# WORK ORDER
When the string "abbrev" is part of a line below, that line should be copied.
┌──
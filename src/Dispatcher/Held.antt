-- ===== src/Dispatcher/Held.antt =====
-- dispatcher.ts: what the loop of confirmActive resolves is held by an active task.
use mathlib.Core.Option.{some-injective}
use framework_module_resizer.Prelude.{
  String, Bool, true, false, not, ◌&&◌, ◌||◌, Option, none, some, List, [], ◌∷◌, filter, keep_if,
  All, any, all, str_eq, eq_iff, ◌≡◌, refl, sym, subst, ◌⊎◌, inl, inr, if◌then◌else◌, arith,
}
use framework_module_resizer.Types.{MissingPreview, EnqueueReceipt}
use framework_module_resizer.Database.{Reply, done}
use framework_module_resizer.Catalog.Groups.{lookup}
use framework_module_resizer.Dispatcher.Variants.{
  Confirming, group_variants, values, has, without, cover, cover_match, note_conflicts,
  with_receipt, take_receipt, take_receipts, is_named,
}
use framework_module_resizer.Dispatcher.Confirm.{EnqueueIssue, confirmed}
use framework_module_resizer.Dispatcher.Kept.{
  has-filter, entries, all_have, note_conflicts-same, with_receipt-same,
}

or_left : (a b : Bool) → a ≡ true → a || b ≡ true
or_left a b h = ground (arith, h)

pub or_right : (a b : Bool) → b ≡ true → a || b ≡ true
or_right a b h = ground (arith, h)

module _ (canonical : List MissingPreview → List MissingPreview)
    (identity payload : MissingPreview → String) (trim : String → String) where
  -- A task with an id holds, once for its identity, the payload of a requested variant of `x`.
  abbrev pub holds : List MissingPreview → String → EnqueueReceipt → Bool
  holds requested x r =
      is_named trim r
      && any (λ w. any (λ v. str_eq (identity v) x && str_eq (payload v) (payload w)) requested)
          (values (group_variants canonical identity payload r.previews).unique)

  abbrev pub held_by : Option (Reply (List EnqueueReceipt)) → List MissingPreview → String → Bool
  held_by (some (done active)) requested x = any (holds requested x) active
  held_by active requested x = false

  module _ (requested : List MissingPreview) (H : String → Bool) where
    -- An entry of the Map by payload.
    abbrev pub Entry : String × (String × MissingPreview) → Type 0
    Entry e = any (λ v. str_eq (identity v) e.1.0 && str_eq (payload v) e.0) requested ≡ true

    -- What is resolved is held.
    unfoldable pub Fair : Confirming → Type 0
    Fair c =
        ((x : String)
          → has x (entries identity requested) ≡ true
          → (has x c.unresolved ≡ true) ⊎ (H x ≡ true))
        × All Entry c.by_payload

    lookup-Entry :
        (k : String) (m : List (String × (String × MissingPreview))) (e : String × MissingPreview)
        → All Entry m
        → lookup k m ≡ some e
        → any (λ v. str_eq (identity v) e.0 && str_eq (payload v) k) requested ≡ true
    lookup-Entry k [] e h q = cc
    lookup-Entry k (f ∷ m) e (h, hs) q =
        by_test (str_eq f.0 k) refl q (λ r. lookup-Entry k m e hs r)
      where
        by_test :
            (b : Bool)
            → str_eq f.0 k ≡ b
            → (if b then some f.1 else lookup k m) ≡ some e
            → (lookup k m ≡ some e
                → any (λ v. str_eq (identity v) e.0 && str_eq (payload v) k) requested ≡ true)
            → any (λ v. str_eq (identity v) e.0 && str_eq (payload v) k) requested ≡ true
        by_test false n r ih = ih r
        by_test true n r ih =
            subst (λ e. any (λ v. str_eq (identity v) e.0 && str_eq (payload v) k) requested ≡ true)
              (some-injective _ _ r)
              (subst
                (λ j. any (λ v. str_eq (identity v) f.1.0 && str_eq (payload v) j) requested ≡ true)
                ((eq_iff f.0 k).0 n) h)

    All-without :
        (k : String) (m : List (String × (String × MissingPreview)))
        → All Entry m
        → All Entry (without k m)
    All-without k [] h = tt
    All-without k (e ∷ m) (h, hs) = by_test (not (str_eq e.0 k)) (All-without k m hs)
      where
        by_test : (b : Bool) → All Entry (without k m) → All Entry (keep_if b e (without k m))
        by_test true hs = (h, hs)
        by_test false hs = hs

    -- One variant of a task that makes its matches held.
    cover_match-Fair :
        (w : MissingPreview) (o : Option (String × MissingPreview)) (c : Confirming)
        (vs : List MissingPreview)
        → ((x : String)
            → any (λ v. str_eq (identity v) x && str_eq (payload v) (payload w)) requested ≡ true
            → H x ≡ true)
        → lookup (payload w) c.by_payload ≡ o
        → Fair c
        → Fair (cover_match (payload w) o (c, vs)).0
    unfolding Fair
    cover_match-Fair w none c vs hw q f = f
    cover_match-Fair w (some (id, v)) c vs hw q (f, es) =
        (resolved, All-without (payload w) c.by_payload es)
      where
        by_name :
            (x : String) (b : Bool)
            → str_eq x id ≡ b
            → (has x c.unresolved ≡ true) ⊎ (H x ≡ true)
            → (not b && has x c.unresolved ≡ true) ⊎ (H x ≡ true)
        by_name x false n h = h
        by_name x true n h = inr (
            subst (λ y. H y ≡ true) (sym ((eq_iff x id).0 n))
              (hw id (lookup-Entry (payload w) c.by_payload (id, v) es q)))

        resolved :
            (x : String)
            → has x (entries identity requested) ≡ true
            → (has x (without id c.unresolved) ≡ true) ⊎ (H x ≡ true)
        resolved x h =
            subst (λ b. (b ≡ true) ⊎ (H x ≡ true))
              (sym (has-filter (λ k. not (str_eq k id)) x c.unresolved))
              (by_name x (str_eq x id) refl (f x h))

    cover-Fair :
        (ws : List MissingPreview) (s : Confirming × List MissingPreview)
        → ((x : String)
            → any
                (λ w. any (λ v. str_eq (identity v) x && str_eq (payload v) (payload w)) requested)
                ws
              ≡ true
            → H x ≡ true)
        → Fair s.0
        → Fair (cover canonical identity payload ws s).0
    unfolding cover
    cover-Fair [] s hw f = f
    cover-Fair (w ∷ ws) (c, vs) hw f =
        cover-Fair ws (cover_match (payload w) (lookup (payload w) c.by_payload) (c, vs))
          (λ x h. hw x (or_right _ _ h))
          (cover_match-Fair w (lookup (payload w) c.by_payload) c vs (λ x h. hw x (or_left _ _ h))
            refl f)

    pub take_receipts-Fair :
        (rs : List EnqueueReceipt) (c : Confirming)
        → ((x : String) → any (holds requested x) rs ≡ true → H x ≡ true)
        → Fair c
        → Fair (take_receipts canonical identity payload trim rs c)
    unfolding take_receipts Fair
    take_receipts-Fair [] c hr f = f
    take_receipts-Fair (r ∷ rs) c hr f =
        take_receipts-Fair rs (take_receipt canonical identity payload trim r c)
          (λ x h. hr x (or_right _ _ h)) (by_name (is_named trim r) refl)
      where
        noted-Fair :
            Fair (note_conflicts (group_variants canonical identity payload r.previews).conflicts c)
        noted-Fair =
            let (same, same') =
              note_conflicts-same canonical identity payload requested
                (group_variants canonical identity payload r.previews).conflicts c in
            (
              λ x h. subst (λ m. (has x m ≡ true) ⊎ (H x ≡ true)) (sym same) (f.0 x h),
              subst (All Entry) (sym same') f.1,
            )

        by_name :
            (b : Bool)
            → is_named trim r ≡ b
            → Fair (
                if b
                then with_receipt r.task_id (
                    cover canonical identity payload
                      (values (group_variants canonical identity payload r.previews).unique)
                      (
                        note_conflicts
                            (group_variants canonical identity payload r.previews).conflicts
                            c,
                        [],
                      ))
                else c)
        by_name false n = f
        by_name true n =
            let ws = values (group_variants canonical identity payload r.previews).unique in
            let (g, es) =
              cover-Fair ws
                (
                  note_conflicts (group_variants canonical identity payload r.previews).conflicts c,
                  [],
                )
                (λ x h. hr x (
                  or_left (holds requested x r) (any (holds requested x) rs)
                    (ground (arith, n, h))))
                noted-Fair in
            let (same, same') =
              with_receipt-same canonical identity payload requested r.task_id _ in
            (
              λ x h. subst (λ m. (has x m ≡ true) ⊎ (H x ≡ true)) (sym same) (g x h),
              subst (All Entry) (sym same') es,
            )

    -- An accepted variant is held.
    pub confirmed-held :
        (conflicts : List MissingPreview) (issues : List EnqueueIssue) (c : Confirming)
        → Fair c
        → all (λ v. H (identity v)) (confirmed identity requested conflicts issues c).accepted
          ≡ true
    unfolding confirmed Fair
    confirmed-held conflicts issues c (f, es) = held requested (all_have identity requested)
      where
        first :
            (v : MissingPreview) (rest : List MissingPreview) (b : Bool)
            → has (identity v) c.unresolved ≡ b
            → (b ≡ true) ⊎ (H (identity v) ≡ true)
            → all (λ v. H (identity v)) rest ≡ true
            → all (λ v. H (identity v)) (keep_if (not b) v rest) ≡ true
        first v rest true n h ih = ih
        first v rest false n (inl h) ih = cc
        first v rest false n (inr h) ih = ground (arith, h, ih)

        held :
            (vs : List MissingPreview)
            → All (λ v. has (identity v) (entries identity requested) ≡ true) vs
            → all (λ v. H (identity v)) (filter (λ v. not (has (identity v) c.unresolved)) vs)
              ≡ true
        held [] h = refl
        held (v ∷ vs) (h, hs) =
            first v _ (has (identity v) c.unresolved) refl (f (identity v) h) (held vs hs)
└──
# SOLUTION TO THIS TASK
  abbrev pub holds : List MissingPreview → String → EnqueueReceipt → Bool
  abbrev pub held_by : Option (Reply (List EnqueueReceipt)) → List MissingPreview → String → Bool
    abbrev pub Entry : String × (String × MissingPreview) → Type 0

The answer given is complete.